Your task: Could you reproduce, exactly as written, every line from the one containing "let (single, origin, found)" through the last line of the records, and nothing else?

Input for this task section start

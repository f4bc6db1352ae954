-- ===== src/Sensor/Attest.antt =====
-- The modes that the driver programs are the modes that it attests.
use podbay_camera_firmware.Prelude.{ℕ, ◌≡◌, false, not, ◌==◌, arith, ok}
use podbay_camera_firmware.Device.{I2c}
use podbay_camera_firmware.Config.{Geometry, validate_origin}
use podbay_camera_firmware.Config.Valid.{Fits, validate_origin_iff}
use podbay_camera_firmware.Sensor.{full_raw_registers, full_raw_expected}
use podbay_camera_firmware.Sensor.Driver.{apply_full_raw_mode, verify_full_raw_mode, attest}
use podbay_camera_firmware.Sensor.Registers.{
  RegisterFile, Holds, AllWords, assign, write_all_lem, attest_lem, attest-Holds,
}

full_raw_Holds :
    (g : Geometry) (x y : ℕ) (registers : ℕ → ℕ)
    → Holds (full_raw_expected g x y) (assign (full_raw_registers g x y) registers)
unfolding full_raw_expected full_raw_registers
full_raw_Holds g x y registers = omega arith

full_raw_AllWords :
    (g : Geometry) (x y : ℕ)
    → AllWords (full_raw_expected g x y) × AllWords (full_raw_registers g x y)
unfolding full_raw_expected full_raw_registers
full_raw_AllWords g x y = omega arith

module _ (bus : I2c) (file : RegisterFile bus) where
  open bus use {State}
  open file use {content}

  -- On a sensor that keeps its registers, programming the physical 1x1 mode of a geometry that fits
  -- succeeds from every state, and its attestation then succeeds.
  pub apply-verify_full_raw_mode :
      (g : Geometry) (x y : ℕ) (s : State)
      → g.binning ≡ 1
      → Fits g x y
      → (s' s'' : State) × (apply_full_raw_mode bus g x y s ≡ (ok tt, s'))
        × (verify_full_raw_mode bus g x y s' ≡ (ok tt, s''))
  unfolding apply_full_raw_mode verify_full_raw_mode
  apply-verify_full_raw_mode g x y s one fits =
      let (words, words') = full_raw_AllWords g x y in
      let (t, programmed, set) = write_all_lem bus file (full_raw_registers g x y) s words' in
      let (u, attested, _) =
        attest_lem bus file (full_raw_expected g x y) t words
          (rw set (full_raw_Holds g x y (content s))) in
      let valid = (validate_origin_iff g x y).1 fits in
      let single : not (g.binning == 1) ≡ false = ground arith in
      (t, u, rw (single, valid) programmed, rw (single, valid) attested)

  -- On a sensor that keeps its registers, the attestation of the physical 1x1 mode succeeds only if
  -- the geometry is unbinned and fits, and every register of the table holds the value wanted.
  pub verify_full_raw_mode_sound :
      (g : Geometry) (x y : ℕ) (s : State)
      → (verify_full_raw_mode bus g x y s).0 ≡ ok tt
      → (g.binning ≡ 1) × Fits g x y × Holds (full_raw_expected g x y) (content s)
  unfolding verify_full_raw_mode
  verify_full_raw_mode_sound g x y s e =
      let (single, origin, found) = verified e in
      (
        single,
        (validate_origin_iff g x y).0 origin,
        attest-Holds bus file (full_raw_expected g x y) s (full_raw_AllWords g x y).0 found,
      )
    where
      verified :
          (verify_full_raw_mode bus g x y s).0 ≡ ok tt
          → (g.binning ≡ 1)
            × (validate_origin g x y ≡ ok tt)
            × ((attest bus (full_raw_expected g x y) s).0 ≡ ok tt)
      verified e = ground arith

Input for this task section end

Expected answer:
      let (single, origin, found) = verified e in
      (
        single,
        (validate_origin_iff g x y).0 origin,
        attest-Holds bus file (full_raw_expected g x y) s (full_raw_AllWords g x y).0 found,
      )
    where
      verified :
          (verify_full_raw_mode bus g x y s).0 ≡ ok tt
          → (g.binning ≡ 1)
            × (validate_origin g x y ≡ ok tt)
            × ((attest bus (full_raw_expected g x y) s).0 ≡ ok tt)
      verified e = ground arith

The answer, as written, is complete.